In some cases, the same model behaves differently in the training and prediction modes (e.g. when using neural techniques such as dropout Section 4.6 and batch normalization Section 7.5). In other cases, some models may store more auxiliary variables to make computing gradients easier. We will cover these differences in detail in later chapters. For now, you do not need to worry about them.

## 2.3.8. Summary¶

- MXNet provides an
`autograd`

package to automate the derivation process. To do so, we first attach gradients to variables, record the computation, and then run the backward function. - We can detach gradients and pass head gradients to the backward function to control the part of the computation will be used in the backward function.
- The running modes of MXNet include the training mode and the
prediction mode. We can determine the running mode by
`autograd.is_training()`

.

## 2.3.9. Exercises¶

- Try to run
`y.backward()`

twice. - In the control flow example where we calculate the derivative of
`d`

with respect to`a`

, what would happen if we changed the variable`a`

to a random vector or matrix.

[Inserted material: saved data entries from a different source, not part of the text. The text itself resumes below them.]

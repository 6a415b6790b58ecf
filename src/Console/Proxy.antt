-- ===== src/Console/Proxy.antt =====
-- ai-console/src/proxy.ts: which requests the console lets through.
use ai_base.Common.{
  ℕ, String, Bool, not, ◌&&◌, ◌||◌, Option, none, some, ◌===◌, includes, if◌then◌else◌,
}
use ai_base.Common.Results.{ok, thrown}
use ai_base.Text.{trim, is_empty, starts_with}
use ai_base.Text.Cut.{split_on}
use ai_base.Json.{Json, str, get_field}
use ai_base.Session.Token.{verify_we_com_console_session}
use ai_base.Console.{Outside, Env, Headers, text_or}
use ai_base.Console.Claims.{second, decode_part, lowered_parts}
use ai_base.Console.Identity.{is_dev, session_token}

-- A response: `NextResponse.next()`, a JSON error with its status, a redirect to a path of the console, and
-- a response that also clears the session cookie.
pub data Decision : Type 0 where
  next : Decision
  json_error : String → ℕ → Decision
  redirect : String → Decision
  clear_cookie : Decision → Decision

-- The first two tests of `proxy`.
unfoldable pub is_public_path : String → Bool
is_public_path path =
    path === "/api/services"
    || starts_with path "/api/internal/"
    || starts_with path "/_next/"
    || path === "/favicon.ico"
    || starts_with path "/auth/wework/launch/"
    || path === "/auth/wework/status"

unfoldable pub is_self_service_path : String → Bool
is_self_service_path path =
    path === "/account"
    || path === "/client-setup"
    || path === "/auth/wework/link"
    || starts_with path "/api/account/"

-- `parts[1]` of a text that may be missing, "" where there is none.
unfoldable pub payload_part : Option String → String
payload_part none = ""
payload_part (some assertion) = second (split_on b'.' assertion)

module _ (outside : Outside) (env : Env) where
  unfoldable pub lowered_text : Option Json → String
  lowered_text (some (str s)) = outside.platform.lower (trim s)
  lowered_text value = ""

  -- `headers.get("x-pomerium-claim-email")?.trim().toLowerCase()`, "" where it is missing.
  unfoldable pub direct_email : Option String → String
  direct_email none = ""
  direct_email (some s) = outside.platform.lower (trim s)

  -- The email of the assertion's payload.
  unfoldable pub payload_email : Headers → String
  payload_email input =
      let payload = payload_part (input "x-pomerium-jwt-assertion") in
      if is_empty payload
      then ""
      else lowered_text (get_field (decode_part outside payload) "email")

  unfoldable pub assertion_email : Headers → String
  assertion_email input =
      let direct = direct_email (input "x-pomerium-claim-email") in
      if is_empty direct then payload_email input else direct

  unfoldable pub is_admin_email : String → Bool
  is_admin_email email =
      includes
        (lowered_parts outside.platform.lower
          (split_on b',' (text_or env.admin_emails "admin@example.com")))
        email

  -- The email of the session, "" without a token, `none` where the token does not verify.
  unfoldable pub session_email : Headers → ℕ → Option String
  session_email input now = elim (session_token outside env input) [
    | none ↦ some ""
    | some token ↦
        elim (verify_we_com_console_session outside.platform env.session_secret token now) [
          | thrown message ↦ none
          | ok claims ↦ some claims.email
        ]
  ]

  -- The response to a session that is not valid.
  unfoldable pub invalid_response : String → Decision
  invalid_response path =
      clear_cookie
        (if starts_with path "/api/" then json_error "企业微信自动登录会话无效" 401 else redirect path)

  -- From the test of the role on.
  unfoldable pub proxy_role : String → String → Decision
  proxy_role path email =
      if not (is_dev env) && not (is_admin_email email)
      then (if starts_with path "/api/" then json_error "仅管理员可以访问该功能" 403 else redirect "/account")
      else next

  -- From the email on.
  unfoldable pub proxy_email : String → String → Decision
  proxy_email path email =
      if is_empty email && not (is_dev env)
      then json_error "未认证" 401
      else if is_self_service_path path
      then next
      else proxy_role path email

  -- From the session on.
  unfoldable pub proxy_session : String → Headers → Option String → Decision
  proxy_session path input none = invalid_response path
  proxy_session path input (some session) =
      let asserted = assertion_email input in
      proxy_email path (if is_empty asserted then session else asserted)

  unfoldable pub proxy : String → Headers → ℕ → Decision
  proxy path input now =
      if is_public_path path then next else proxy_session path input (session_email input now)
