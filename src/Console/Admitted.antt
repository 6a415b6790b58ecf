-- ===== src/Console/Admitted.antt =====
-- Which requests `proxy` lets through.
use ai_base.Common.{
  ℕ, String, ◌≡◌, ◌↔◌, ◌⊎◌, refl, true, false, Option, none, some, inl, inr, Bool-cases, arith,
  if◌then◌else◌,
}
use ai_base.Text.{is_empty}
use ai_base.Console.{Outside, Env, Headers}
use ai_base.Console.Identity.{is_dev}
use ai_base.Console.Proxy.{
  next, is_public_path, is_self_service_path, assertion_email, is_admin_email, session_email,
  invalid_response, proxy_role, proxy_email, proxy_session, proxy,
}

module _ (outside : Outside) (env : Env) where
  -- The email that the request shows, "" if none.
  abbrev pub shown_email : Headers → String → String
  shown_email input session =
      if is_empty (assertion_email outside env input)
      then session
      else assertion_email outside env input

  -- The development identity is enabled, or an email is shown, and the path is for every employee or the
  -- email is an administrator's.
  pub MayPass : String → String → Type 0
  MayPass path email =
      (is_dev env ≡ true)
      ⊎ ((is_empty email ≡ false)
          × ((is_self_service_path path ≡ true) ⊎ (is_admin_email outside env email ≡ true)))

  pub IsAdmitted : String → Headers → ℕ → Type 0
  IsAdmitted path input now =
      (is_public_path path ≡ true)
      ⊎ ((session : String) × (session_email outside env input now ≡ some session)
          × MayPass path (shown_email input session))

  email-admitted :
      (path email : String) → (proxy_email outside env path email ≡ next) ↔ MayPass path email
  unfolding proxy_email proxy_role MayPass
  email-admitted path email = (λ h. ground arith, λ h. ground arith)

  session-admitted :
      (path : String) (input : Headers) (found : Option String)
      → (proxy_session outside env path input found ≡ next)
        ↔ ((session : String) × (found ≡ some session) × MayPass path (shown_email input session))
  unfolding proxy_session invalid_response
  session-admitted path input none = (λ h. absurd cc, λ h. absurd cc)
  session-admitted path input (some session) =
      let (to, from) = email-admitted path (shown_email input session) in
      (λ h. (session, refl, to h), λ h. from (ground arith))

  -- `proxy` lets a request through exactly where its path is public, or it carries no session token or one
  -- that verifies, and the development identity is enabled or the request shows an email, for a path of
  -- every employee or of an administrator.
  pub proxy-IsAdmitted :
      (path : String) (input : Headers) (now : ℕ)
      → (proxy outside env path input now ≡ next) ↔ IsAdmitted path input now
  unfolding proxy IsAdmitted
  proxy-IsAdmitted path input now =
      let (to, from) = session-admitted path input (session_email outside env input now) in
      elim (Bool-cases (is_public_path path)) [
        | inl public ↦ (λ h. inl public, λ h. rw (proxy, public) refl)
        | inr closed ↦
            (λ h. inr (to (rw (proxy, closed) at h)), λ h. rw (proxy, closed) (from (ground arith)))
      ]
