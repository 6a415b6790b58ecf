-- ===== src/Session/Verified.antt =====
-- What holds of a session token that verifies.
use ai_base.Common.{
  ℕ, ◌+◌, ◌≤◌, ◌<◌, String, ◌≡◌, ◌≢◌, refl, sym, subst, ◌∙◌, ap, List, [], ◌∷◌, true, false, not,
  ◌||◌, Option, some, ◌===◌, arith, inl, inr, Bool-cases, Option-cases, ===→≡, ◌<>◌, ltb,
}
use ai_base.Common.Results.{ok, thrown}
use ai_base.Common.Throwing.{>>=-returned, ok-injective}
use ai_base.Common.Integers.{ℤ, pos, negsuc, exceeds, at_most, differ_by}
use ai_base.Text.{is_empty, text_length}
use ai_base.Text.Cut.{split_on}
use ai_base.Json.{Json, Fields, obj, object?}
use ai_base.Session.{Platform}
use ai_base.Session.Token.{
  WeComConsoleSessionClaims, session_lifetime_seconds, session_max_length,
  session_clock_skew_seconds, invalid_session, read_claims, parse_payload, same_bytes, is_expired,
  session_key, session_signature, read_payload, check_times, verify_signed, verify_parts,
  verify_we_com_console_session,
}

pub thrown-ne-ok : {A : Type 0} {message : String} (a : A) → thrown message ≢ ok a
thrown-ne-ok a h = cc

pub object-eq : (value : Json) (fields : Fields) → object? value ≡ some fields → value ≡ obj fields
object-eq (obj fields) others h = cc
object-eq value others h = cc

same_bytes_sound : (xs ys : List ℕ) → same_bytes xs ys ≡ true → xs ≡ ys
unfolding same_bytes
same_bytes_sound [] [] h = refl
same_bytes_sound [] (y ∷ ys) h = cc
same_bytes_sound (x ∷ xs) [] h = cc
same_bytes_sound (x ∷ xs) (y ∷ ys) h = ground (arith, same_bytes_sound xs ys (ground arith))

-- The claims expire after `now`, but for the clock's skew, and were issued 12 hours before that.
pub record IsFresh (now : ℕ) (claims : WeComConsoleSessionClaims) : Type 0 where
  pub expiry : ℕ
  pub expires : claims.expires_at ≡ pos expiry
  pub live : now < expiry + session_clock_skew_seconds
  pub soon : expiry ≤ now + session_clock_skew_seconds + session_lifetime_seconds
  pub span : differ_by claims.issued_at claims.expires_at session_lifetime_seconds ≡ true

unexpired-times :
    (now : ℕ) (issued expires : ℤ)
    → session_clock_skew_seconds ≤ now
    → exceeds issued (now + session_clock_skew_seconds) ≡ false
    → at_most expires now session_clock_skew_seconds ≡ false
    → differ_by issued expires session_lifetime_seconds ≡ true
    → (e : ℕ) × (expires ≡ pos e)
      × (now < e + session_clock_skew_seconds)
      × (e ≤ now + session_clock_skew_seconds + session_lifetime_seconds)
unfolding exceeds at_most differ_by
unexpired-times now (pos i) (pos e) k h₁ h₂ h₃ = (e, refl, ground arith, ground arith)
unexpired-times now (negsuc i) (pos e) k h₁ h₂ h₃ = (e, refl, ground arith, ground arith)
unexpired-times now issued (negsuc e) k h₁ h₂ h₃ = absurd (ground arith)

unexpired :
    (now : ℕ) (claims : WeComConsoleSessionClaims)
    → session_clock_skew_seconds ≤ now
    → is_expired claims now ≡ false
    → IsFresh now claims
unfolding is_expired
unexpired now claims k h =
    let (e, same, live, soon) =
      unexpired-times now claims.issued_at claims.expires_at k (ground arith) (ground arith)
        (ground arith) in
    record { expiry = e; expires = same; live = live; soon = soon; span = ground arith }

pub parse-claimed :
    (value : Json) (claims : WeComConsoleSessionClaims)
    → parse_payload value ≡ ok claims
    → (fields : Fields) × (value ≡ obj fields) × (read_claims fields ≡ some claims)
unfolding parse_payload invalid_session
parse-claimed value claims h = elim (Option-cases (object? value)) [
  | inl n ↦ absurd (thrown-ne-ok claims (rw (parse_payload, n) at h))
  | inr (fields, e) ↦ elim (Option-cases (read_claims fields)) [
    | inl n ↦ absurd (thrown-ne-ok claims (rw (parse_payload, e, n) at h))
    | inr (read, k) ↦
        let same : read ≡ claims = ok-injective (rw (parse_payload, e, k) at h) in
        (fields, object-eq value fields e, k ∙ ap (λ c. some c) same)
  ]
]

module _ (p : Platform) (secret : Option String) where
  -- The token is `v1.<encoded>.<signature>`, signed with the key of the secret, and its payload reads as
  -- the claims.
  pub record IsSigned (token : String) (claims : WeComConsoleSessionClaims) : Type 0 where
    pub encoded : String
    pub signature : String
    pub parts : split_on b'.' token ≡ "v1" ∷ encoded ∷ signature ∷ []
    pub key : List ℕ
    pub keyed : session_key p secret ≡ ok key
    pub signed : p.decode signature ≡ p.hmac key ("v1." <> encoded)
    pub fields : Fields
    pub payload : p.parse (p.decode_text encoded) ≡ some (obj fields)
    pub claimed : read_claims fields ≡ some claims

  payload-claimed :
      (encoded : String) (claims : WeComConsoleSessionClaims)
      → read_payload p encoded ≡ ok claims
      → (fields : Fields) × (p.parse (p.decode_text encoded) ≡ some (obj fields))
        × (read_claims fields ≡ some claims)
  unfolding read_payload invalid_session
  payload-claimed encoded claims h = elim (Option-cases (p.parse (p.decode_text encoded))) [
    | inl n ↦ absurd (thrown-ne-ok claims (rw (read_payload, n) at h))
    | inr (value, e) ↦
        let (fields, same, read) = parse-claimed value claims (rw (read_payload, e) at h) in
        (fields, e ∙ ap (λ v. some v) same, read)
  ]

  verify_signed-IsSigned :
      (token encoded signature : String) (now : ℕ) (claims : WeComConsoleSessionClaims)
      → session_clock_skew_seconds ≤ now
      → split_on b'.' token ≡ "v1" ∷ encoded ∷ signature ∷ []
      → verify_signed p secret encoded signature now ≡ ok claims
      → IsSigned token claims × IsFresh now claims
  unfolding verify_signed session_signature check_times invalid_session
  verify_signed-IsSigned token encoded signature now claims k split h =
      let (expected, keyed, h₁) = >>=-returned (session_signature p secret encoded) _ h in
      let (key, given, same) = >>=-returned (session_key p secret) _ keyed in
      elim (Bool-cases (same_bytes (p.decode signature) expected)) [
        | inr bad ↦ absurd (thrown-ne-ok claims (rw bad at h₁))
        | inl good ↦
            let (read, payload, h₂) =
              >>=-returned (read_payload p encoded) (check_times now) (rw good at h₁) in
            elim (Bool-cases (is_expired read now)) [
              | inl late ↦ absurd (thrown-ne-ok claims (rw (check_times, late) at h₂))
              | inr live ↦
                  let eq : read ≡ claims = ok-injective (rw (check_times, live) at h₂) in
                  let (fields, parsed, claimed) =
                    payload-claimed encoded claims (payload ∙ ap (λ c. ok c) eq) in
                  (
                    record {
                      encoded = encoded;
                      signature = signature;
                      parts = split;
                      key = key;
                      keyed = given;
                      signed = same_bytes_sound _ _ good ∙ sym (ok-injective same);
                      fields = fields;
                      payload = parsed;
                      claimed = claimed;
                    },
                    subst (IsFresh now) eq (unexpired now read k live),
                  )
            ]
      ]

  verify_parts-IsSigned :
      (token : String) (parts : List String) (now : ℕ) (claims : WeComConsoleSessionClaims)
      → session_clock_skew_seconds ≤ now
      → split_on b'.' token ≡ parts
      → verify_parts p secret parts now ≡ ok claims
      → IsSigned token claims × IsFresh now claims
  unfolding verify_parts invalid_session
  verify_parts-IsSigned token [] now claims k split h = cc
  verify_parts-IsSigned token (version ∷ []) now claims k split h = cc
  verify_parts-IsSigned token (version ∷ encoded ∷ []) now claims k split h = cc
  verify_parts-IsSigned token (version ∷ encoded ∷ signature ∷ more ∷ rest) now claims k split h =
      cc
  verify_parts-IsSigned token (version ∷ encoded ∷ signature ∷ []) now claims k split h =
      elim (Bool-cases (not (version === "v1") || is_empty encoded || is_empty signature)) [
        | inl bad ↦ absurd (thrown-ne-ok claims (rw bad at h))
        | inr good ↦
            let same : version ≡ "v1" = ===→≡ _ _ (ground arith) in
            verify_signed-IsSigned token encoded signature now claims k
              (split ∙ ap (λ v. v ∷ encoded ∷ signature ∷ []) same) (rw good at h)
      ]

  -- A token that verifies, 30 seconds or more after the epoch, is at most 4,096 code units long, carries
  -- the signature of its payload under the key of the secret, and its claims are those of the payload; they
  -- expire less than 30 seconds before `now`, or later, and at most 12 hours and 30 seconds after it, 12 hours after they
  -- were issued.
  pub verify_we_com_console_session-IsSigned :
      (token : String) (now : ℕ) (claims : WeComConsoleSessionClaims)
      → session_clock_skew_seconds ≤ now
      → verify_we_com_console_session p secret token now ≡ ok claims
      → IsSigned token claims × IsFresh now claims × (text_length token ≤ session_max_length)
  unfolding verify_we_com_console_session invalid_session
  verify_we_com_console_session-IsSigned token now claims k h =
      elim (Bool-cases (is_empty token || ltb session_max_length (text_length token))) [
        | inl bad ↦ absurd (thrown-ne-ok claims (rw (verify_we_com_console_session, bad) at h))
        | inr good ↦
            let (signed, fresh) =
              verify_parts-IsSigned token (split_on b'.' token) now claims k refl
                (rw (verify_we_com_console_session, good) at h) in
            (signed, fresh, ground arith)
      ]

At this point, the result of the calculation`f(a)`

is no longer a scalar. What happens to the result? How do we analyze this? - Redesign an example of finding the gradient of the control flow. Run and analyze the result.
- In a second-price auction (such as in eBay or in computational
advertising), the winning bidder pays the second-highest price.
Compute the gradient of the final price with respect to the winning
bidder’s bid using
`autograd`

. What does the result tell you about the mechanism? If you are curious to learn more about second-price auctions, check out this paper by Edelman, Ostrovski and Schwartz, 2005. - Why is the second derivative much more expensive to compute than the first derivative?
- Derive the head gradient relationship for the chain rule. If you get stuck, use the “Chain rule” article on Wikipedia.
- Assume \(f(x) = \sin(x)\). Plot \(f(x)\) and \(\frac{df(x)}{dx}\) on a graph, where you computed the latter without any symbolic calculations, i.e. without exploiting that \(f'(x) = \cos(x)\).